## [Exercise requirements]
Search the entries for the word "filename". Copy each line in which it is found.

Exercise input section start

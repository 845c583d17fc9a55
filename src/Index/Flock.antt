-- ===== src/Index/Flock.antt =====
-- Several processes on one lock.pid (crates/ga-index/src/lock.rs): `try_acquire` opens the path and
-- then locks the file that it got; `release` and `Drop` unlock and then unlink the path. The kernel
-- locks inodes, so the steps keep path and inode apart. Processes are numbered.
pub mod Exclusion
pub mod Race
mod Examples
use graphatlas.Prelude.{ℕ, suc, ◌≡◌, ◌==◌, if◌then◌else◌, Option, none, some, ◌≢◌}
use graphatlas.Index.Lock.{LockMode, exclusive, shared}

pub data Phase : Type 0 where
  idle : Phase
  opened : ℕ → Phase
  holding unlocked : ℕ → LockMode → Phase

-- The inode at lock.pid, the next inode that a `create` makes, and the phase of each process.
pub record World : Type 0 where
  pub path : Option ℕ
  pub next : ℕ
  pub proc : ℕ → Phase

abbrev pub set_phase : ℕ → Phase → World → World
set_phase p phase w = record w { proc = λ q. if q == p then phase else w.proc q }

-- flock(2): exclusive beside no other lock on the inode, shared beside no exclusive one.
abbrev pub Grants : LockMode → ℕ → World → Type 0
Grants exclusive i w = (q : ℕ) (mode : LockMode) → w.proc q ≢ holding i mode
Grants shared i w = (q : ℕ) → w.proc q ≢ holding i exclusive

abbrev pub created : World → World
created w = record w { path = some w.next; next = suc w.next }

-- Only an exclusive holder removes the path, whatever file is there by then.
abbrev pub unlinked : LockMode → World → World
unlinked exclusive w = record w { path = none }
unlinked shared w = w

pub data Step (w : World) : World → Type 0 where
  open_existing : (p i : ℕ) → w.proc p ≡ idle → w.path ≡ some i → Step w (set_phase p (opened i) w)
  open_new :
      (p : ℕ) → w.proc p ≡ idle → w.path ≡ none → Step w (set_phase p (opened w.next) (created w))
  lock :
      (p i : ℕ) (mode : LockMode)
      → w.proc p ≡ opened i
      → Grants mode i w
      → Step w (set_phase p (holding i mode) w)
  give_up : (p i : ℕ) → w.proc p ≡ opened i → Step w (set_phase p idle w)
  unlock :
      (p i : ℕ) (mode : LockMode)
      → w.proc p ≡ holding i mode
      → Step w (set_phase p (unlocked i mode) w)
  -- `release` unlinks, and then `Drop` unlinks again.
  unlink_early : (p i : ℕ) (mode : LockMode) → w.proc p ≡ unlocked i mode → Step w (unlinked mode w)
  unlink :
      (p i : ℕ) (mode : LockMode)
      → w.proc p ≡ unlocked i mode
      → Step w (set_phase p idle (unlinked mode w))
  crash : (p : ℕ) → Step w (set_phase p idle w)

-- The file does not exist, and no process has begun.
abbrev pub start : World
start = record { path = none; next = 0; proc = λ _. idle }

pub data Reach : World → Type 0 where
  here : Reach start
  step : {w w' : World} → Reach w → Step w w' → Reach w'

-- Runs in which an acquire, and a release, is not interleaved with other steps.
pub data Block (w : World) : World → Type 0 where
  acquire_existing :
      (p i : ℕ) (mode : LockMode)
      → w.proc p ≡ idle
      → w.path ≡ some i
      → Grants mode i (set_phase p (opened i) w)
      → Block w (set_phase p (holding i mode) (set_phase p (opened i) w))
  acquire_new :
      (p : ℕ) (mode : LockMode)
      → w.proc p ≡ idle
      → w.path ≡ none
      → Block w (set_phase p (holding w.next mode) (set_phase p (opened w.next) (created w)))
  release :
      (p i : ℕ) (mode : LockMode)
      → w.proc p ≡ holding i mode
      → Block w (set_phase p idle (unlinked mode (set_phase p (unlocked i mode) w)))
  die : (p : ℕ) → Block w (set_phase p idle w)

pub data BlockReach : World → Type 0 where
  here : BlockReach start
  block : {w w' : World} → BlockReach w → Block w w' → BlockReach w'
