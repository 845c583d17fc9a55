-- ===== src/Index/Flock/Race.antt =====
-- What the locks do not exclude: `release` unlinks lock.pid after it has unlocked.
use graphatlas.Prelude.{ℕ, ◌≡◌, refl, ◌≢◌, arith}
use graphatlas.Index.Lock.{exclusive}
use graphatlas.Index.Flock.{
  idle, opened, holding, unlocked, World, set_phase, created, unlinked, open_existing, open_new,
  lock, unlock, unlink, start, Reach,
}

module _ (p q r : ℕ) where
  -- r builds; q opens the file; r unlocks, q locks, r unlinks; p creates another file.
  abbrev built : World
  built = set_phase r (holding 0 exclusive) (set_phase r (opened 0) (created start))

  abbrev taken : World
  taken =
      set_phase q (holding 0 exclusive)
        (set_phase r (unlocked 0 exclusive) (set_phase q (opened 0) built))

  abbrev both : World
  both =
      set_phase p (holding 1 exclusive)
        (set_phase p (opened 1) (created (set_phase r idle (unlinked exclusive taken))))

  built_Reach : Reach built
  built_Reach =
      Reach.step (Reach.step Reach.here (open_new r refl refl))
        (lock r 0 exclusive (ground arith) (λ a m. ground arith))

  taken_Reach : q ≢ r → Reach taken
  taken_Reach n =
      Reach.step
        (Reach.step (Reach.step built_Reach (open_existing q 0 (ground arith) refl))
          (unlock r 0 exclusive (ground arith)))
        (lock q 0 exclusive (ground arith) (λ a m. ground arith))

  both_Reach : q ≢ r → p ≢ q → p ≢ r → Reach both
  both_Reach n m l =
      Reach.step
        (Reach.step (Reach.step (taken_Reach n) (unlink r 0 exclusive (ground arith)))
          (open_new p (ground arith) refl))
        (lock p 1 exclusive (ground arith) (λ a k. ground arith))

-- Any two processes can come to hold lock.pid exclusively at the same time, on two inodes, where a
-- third one has released it.
pub two_exclusive_holders :
    (p q r : ℕ)
    → q ≢ r
    → p ≢ q
    → p ≢ r
    → (w : World) × Reach w × (w.proc p ≡ holding 1 exclusive) × (w.proc q ≡ holding 0 exclusive)
two_exclusive_holders p q r n m l = (both p q r, both_Reach p q r n m l, ground arith, ground arith)
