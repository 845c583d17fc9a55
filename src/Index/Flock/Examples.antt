-- ===== src/Index/Flock/Examples.antt =====
-- Processes on one lock.pid, at which the theorems apply.
use graphatlas.Prelude.{◌≡◌, arith}
use graphatlas.Index.Lock.{exclusive}
use graphatlas.Index.Flock.{World, holding, Reach}
use graphatlas.Index.Flock.Race.{two_exclusive_holders}

two_exclusive_holders_example :
    (w : World) × Reach w × (w.proc 1 ≡ holding 1 exclusive) × (w.proc 2 ≡ holding 0 exclusive)
two_exclusive_holders_example =
    two_exclusive_holders 1 2 3 (ground arith) (ground arith) (ground arith)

Exercise input section end

## [Result of the task]
filename src/Index/Flock.antt
filename src/Index/Flock/Examples.antt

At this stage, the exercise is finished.